# Looking for detailed diagram of cow/pig



## inchrisin (Oct 3, 2011)

I'm looking all over the internet for a diagram of a cow and a pig to break down the cuts of meat and where they come from.  I'm also looking for useful information on cooking applications for each of the cuts of meat.  I can't seem to find an all-in-one pic/website.


----------



## Andy M. (Oct 4, 2011)

The easiest way to do it is to google pork diagram or beef diagram and click on images to choose the one you want.


----------



## Timothy (Oct 4, 2011)

inchrisin said:


> I'm looking all over the internet for a diagram of a cow and a pig to break down the cuts of meat and where they come from. I'm also looking for useful information on cooking applications for each of the cuts of meat. I can't seem to find an all-in-one pic/website.


 
To find recipes, just search for the cut and add "recipes" to it.
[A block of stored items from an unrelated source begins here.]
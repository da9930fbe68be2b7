-- ===== src/Examples/Operations.antt =====
-- Single operations of the two nodes and of the smaller components, and the theorems on them applied.
use dstate.Base.{
  ℕ, String, suc, ◌+◌, ◌<◌, ◌^◌, ◌≡◌, ◌≢◌, refl, Bool, true, false, none, some, List, [], ◌∷◌,
  if◌then◌else◌, arith, ◌==◌, eq_iff, In, map, ◌↔◌, nat_eq, inc_u64, length, filter, ltb, ◌/◌, ◌&&◌,
}
use dstate.HashMap
use dstate.HashMap.{HashMap}
use dstate.Types.Config.{SyncUrgency}
use dstate.Types.Envelope.{NodeId, Clock, StateViewObject}
use dstate.Types.Generation
use dstate.Types.Generation.{Generation, gt, lt, cmp}
use dstate.Types.Message.{SyncMessage, full_snapshot, request_snapshot, sync}
use dstate.ViewMap
use dstate.ViewMap.{insert_node, update_if}
use dstate.Shard.State as ShardState
use dstate.Shard.State.{
  ShardCore, InboundSnapshot, DeltaAcceptResult, applied, gap_detected, new_state_object, get_view,
  snapshot,
}
use dstate.Shard.Membership.{on_node_joined}
use dstate.Shard.Inbound.{accept_inbound_snapshot, snapshot_update, should_accept}
use dstate.ChangeFeed
use dstate.ChangeFeed.{ChangeFeedLogic, notify_change, flush}
use dstate.Lifecycle.{should_accept_from, is_departed}
use dstate.Diagnostics.Health.{healthy, degraded, unhealthy, health_status}
use dstate.Engine.State
use dstate.Engine.State.{Engine, EngineAction, send_sync}
use dstate.Engine.Outbound.{mutate, mutate_with_delta}
use dstate.Engine.Inbound.{handle_inbound, feed_entry}
use dstate.Engine.Cluster.{on_node_left}
use dstate.Engine.Query.{query}
use dstate.Types.Message.{delta_update}
use dstate.Types.Generation.{le}
use dstate.ViewMap.Each.{Each-new}
use dstate.Shard.Each.{accept_inbound_snapshot-Each, on_node_joined-Each}
use dstate.Shard.Inbound.{accept_inbound_delta, delta_verdict}
use dstate.Lifecycle.{is_departed}
use dstate.Engine.Delta.{handle_delta_update, apply_delta_to, accept_delta}
use dstate.Engine.Inbound.{handle_inbound_sync}
use dstate.Replica.Forward.{IsBounded, handle_inbound_forward}
use dstate.Base.{pos}
use dstate.Examples.Nodes.{snapshot_a}
use dstate.Laws.Announce.{
  mutate_announces, mutate_with_delta_announces, IsAt, next_generation, snapshot_at, delta_at,
  table, feeds,
}
use dstate.Laws.Queries.{query_reports, answered, behind, IsBehind}
use dstate.Laws.Feed.{flush_tells_newest, notify_all, routed, IsDistinct, pending_for, newest_for}
use dstate.Laws.Departed.{left_is_silent, sender}
use dstate.Laws.Policy.{unreadable_by_policy, left_over, IsUnreadable}
use dstate.Laws.Healthy.{health_status_lem, well_other, stale_other, failing_other, other}
use dstate.Examples.Nodes.{
  clock_2, engine_a, engine_b, held_of_a, engine_a-WellFormed, engine_b-WellFormed, write_counter,
}

differ : (x y : String) → (x == y) ≡ false → x ≢ y
differ x y e same = ground (arith, eq_iff x y)

a_is_not_b : "a" ≢ engine_b.shard.node_id
unfolding State.new ShardState.new accept_inbound_snapshot on_node_joined
a_is_not_b = differ "a" "b" refl

engine_b-held : get_view "a" engine_b.shard ≡ some held_of_a
unfolding get_view State.new new_state_object ShardState.new accept_inbound_snapshot on_node_joined
    ViewMap.new ViewMap.get insert_node update_if HashMap.get HashMap.insert HashMap.contains_key
    snapshot_update should_accept gt cmp
engine_b-held = refl

mutate_announces_example :
    let r = mutate clock_2 suc (λ n. n) SyncUrgency.immediate engine_a in
    let g = next_generation engine_a.shard.state.generation in
    let message =
      snapshot_at engine_a g (engine_a.serialize_view (suc engine_a.shard.state.value)) in
    IsAt r.0.shard g (suc engine_a.shard.state.value) (suc engine_a.shard.state.value)
    × (r.1.generation ≡ g)
    × (r.1.view ≡ suc engine_a.shard.state.value)
    × (r.1.actions
        ≡ table SyncUrgency.immediate engine_a.sync_logic.strategy.push_mode message message)
    × (r.0.change_feed ≡ (
        if feeds SyncUrgency.immediate engine_a.sync_logic.strategy.push_mode
        then notify_change engine_a.state_name engine_a.shard.node_id g engine_a.change_feed
        else engine_a.change_feed))
mutate_announces_example =
    mutate_announces clock_2 suc (λ n. n) SyncUrgency.immediate engine_a engine_a-WellFormed

add_two : ℕ → ℕ × ℕ
add_two n = (n + 2, 2)

mutate_with_delta_announces_example :
    let r =
      mutate_with_delta clock_2 add_two
        (λ n. n)
        (λ d. d)
        (SyncUrgency.delayed 9)
        write_counter
        engine_a in
    let g = next_generation engine_a.shard.state.generation in
    let state = (add_two engine_a.shard.state.value).0 in
    let delta = delta_at engine_a g (write_counter (add_two engine_a.shard.state.value).1) in
    IsAt r.0.shard g state state
    × (r.1.generation ≡ g)
    × (r.1.view ≡ state)
    × (r.1.view_delta ≡ (add_two engine_a.shard.state.value).1)
    × (r.1.actions
        ≡ table
            (SyncUrgency.delayed 9)
            engine_a.sync_logic.strategy.push_mode
            (if engine_a.sync_logic.supports_delta
              then delta
              else snapshot_at engine_a g (engine_a.serialize_view state))
            delta)
    × (r.0.change_feed ≡ (
        if feeds (SyncUrgency.delayed 9) engine_a.sync_logic.strategy.push_mode
        then notify_change engine_a.state_name engine_a.shard.node_id g engine_a.change_feed
        else engine_a.change_feed))
mutate_with_delta_announces_example =
    mutate_with_delta_announces clock_2 add_two (λ n. n) (λ d. d) (SyncUrgency.delayed 9)
      write_counter engine_a engine_a-WellFormed

query_reports_example :
    let q = query clock_2 10 (λ m. length m) engine_b in
    (answered q.0 ≡ length (snapshot engine_b.shard))
    × ((n : NodeId) → In n (behind q.0) ↔ IsBehind clock_2 10 engine_b n)
    × (q.1 ≡ (
        if engine_b.sync_logic.strategy.pull_on_query
        then map
            (λ peer. send_sync peer (request_snapshot engine_b.state_name engine_b.shard.node_id))
            (behind q.0)
        else []))
query_reports_example = query_reports clock_2 10 (λ m. length m) engine_b engine_b-WellFormed

left_is_silent_example :
    let gone = on_node_left "a" engine_b in
    (get_view "a" gone.shard ≡ none)
    × ((clock : Clock) (msg : SyncMessage)
        → sender msg ≡ "a"
        → handle_inbound clock (sync msg) gone ≡ some (gone, []))
    × ((name : String) (g : Generation) → feed_entry (name, "a", g) gone ≡ gone)
left_is_silent_example = left_is_silent "a" engine_b a_is_not_b

changes : List (String × NodeId × Generation)
changes =
    ("counter", "a", Generation.new 1000 1)
    ∷ ("counter", "a", Generation.new 1000 2)
    ∷ ("other", "a", Generation.new 7 0)
    ∷ []

flush_tells_newest_example :
    let flushed = flush (notify_all changes (ChangeFeed.new "a")) in
    (flushed.0.pending ≡ [])
    × (routed flushed.1 "a" ≡ [])
    × ((receiver : NodeId)
        → "a" ≢ receiver
        → IsDistinct (routed flushed.1 receiver)
          × ((n : String) (s : NodeId)
              → pending_for n s (routed flushed.1 receiver) ≡ newest_for n s changes))
flush_tells_newest_example = flush_tells_newest changes (ChangeFeed.new "a") refl

a_is_heard : should_accept_from "a" engine_b.lifecycle ≡ true
unfolding State.new should_accept_from is_departed HashMap.contains_key HashMap.get
a_is_heard = refl

version_2 :
    IsUnreadable (full_snapshot "counter" "a" (Generation.new 1000 3) 2 (10 ∷ [])) "a" engine_b
unfolding State.new
version_2 = (refl, refl, 2, refl)

unreadable_by_policy_example :
    (r : Engine ℕ ℕ) × (handle_inbound clock_2
        (sync (full_snapshot "counter" "a" (Generation.new 1000 3) 2 (10 ∷ [])))
        engine_b
      ≡ some (r, []))
    × (get_view "a" r.shard
        ≡ left_over engine_b.versioning.policy "a" "a" (get_view "a" engine_b.shard))
    × (r.diagnostics.metrics.sync_failures ≡ inc_u64 engine_b.diagnostics.metrics.sync_failures)
    × (r.shard.state ≡ engine_b.shard.state)
unreadable_by_policy_example =
    unreadable_by_policy clock_2 (full_snapshot "counter" "a" (Generation.new 1000 3) 2 (10 ∷ []))
      "a" "a" engine_b a_is_not_b a_is_heard version_2

few_views : length (snapshot engine_b.shard) < 2 ^ 32
unfolding State.new ShardState.new accept_inbound_snapshot on_node_joined ViewMap.new insert_node
    update_if HashMap.get HashMap.insert HashMap.contains_key snapshot_update should_accept gt cmp
few_views = omega arith

health_status_lem_example :
    let h = health_status clock_2 10 engine_b.shard engine_b.diagnostics in
    let count =
      λ (p : NodeId × StateViewObject ℕ → Bool). length (filter p (snapshot engine_b.shard)) in
    let well = count (well_other "b" 50 10 engine_b.diagnostics.peers) in
    let late = count (stale_other "b" 50 10 engine_b.diagnostics.peers) in
    let failing = count (failing_other "b" 50 10 engine_b.diagnostics.peers) in
    let all = count (other "b" 50 10 engine_b.diagnostics.peers) in
    (h.healthy_peers ≡ well)
    × (h.stale_peers ≡ late)
    × (h.failing_peers ≡ failing)
    × (h.status ≡ (
        if nat_eq late 0 && nat_eq failing 0
        then healthy
        else if ltb (all / 2) well
        then degraded
        else unhealthy))
unfolding State.new ShardState.new accept_inbound_snapshot on_node_joined
health_status_lem_example =
    health_status_lem clock_2 10 engine_b.shard engine_b.diagnostics few_views

engine_b-IsBounded : IsBounded engine_b
unfolding State.new ShardState.new new_state_object
engine_b-IsBounded =
    accept_inbound_snapshot-Each clock_2 snapshot_a _
      (on_node_joined-Each clock_2 "a" 0 _ (Each-new "b" _ (omega arith)) (omega arith))
      (λ absent. omega arith) (λ old at newer. omega arith)

-- `held_of_a` after the delta of age 1.
abbrev next_of_a : StateViewObject ℕ
next_of_a = record held_of_a {
  generation = Generation.new 1000 1;
  value = 8;
  modified_time = pos 2000;
}

abbrev after_delta : Engine ℕ ℕ × List EngineAction
after_delta = handle_delta_update clock_2 "counter" "a" (Generation.new 1000 1) 1 (1 ∷ []) engine_b

after_delta-holds : ViewMap.get "a" after_delta.0.shard.views ≡ some next_of_a
unfolding handle_delta_update accept_inbound_delta delta_verdict apply_delta_to accept_delta
    get_view State.new new_state_object ShardState.new accept_inbound_snapshot on_node_joined
    ViewMap.new ViewMap.get ViewMap.update insert_node update_if HashMap.get HashMap.insert
    HashMap.contains_key snapshot_update should_accept should_accept_from is_departed gt cmp le
after_delta-holds = refl

returned :
    handle_inbound clock_2
      (sync (delta_update "counter" "a" (Generation.new 1000 1) 1 (1 ∷ [])))
      engine_b
    ≡ some (after_delta.0, after_delta.1)
unfolding handle_inbound handle_inbound_sync
returned = refl

at_a : ViewMap.get "a" engine_b.shard.views ≡ some held_of_a
unfolding get_view
at_a = engine_b-held

handle_inbound_forward_example : gt (Generation.new 1000 0) (Generation.new 1000 1) ≡ false
handle_inbound_forward_example =
    handle_inbound_forward clock_2
      (sync (delta_update "counter" "a" (Generation.new 1000 1) 1 (1 ∷ []))) engine_b after_delta.0
      after_delta.1 "a" held_of_a next_of_a engine_b-IsBounded (omega arith) returned at_a
      after_delta-holds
Like "Beef Chuck recipes".

When you find the recipe names, come back to DC and look in the appropriate areas of the forums for bunches of recipes from the members here.


Beef
Pork
Veal
Lamb
Wild Game
Chicken, Turkey & other Fowl
Fish & Seafood


----------



## Sir_Loin_of_Beef (Oct 5, 2011)

I can't help you. I burned all the pictures of my exwives.


----------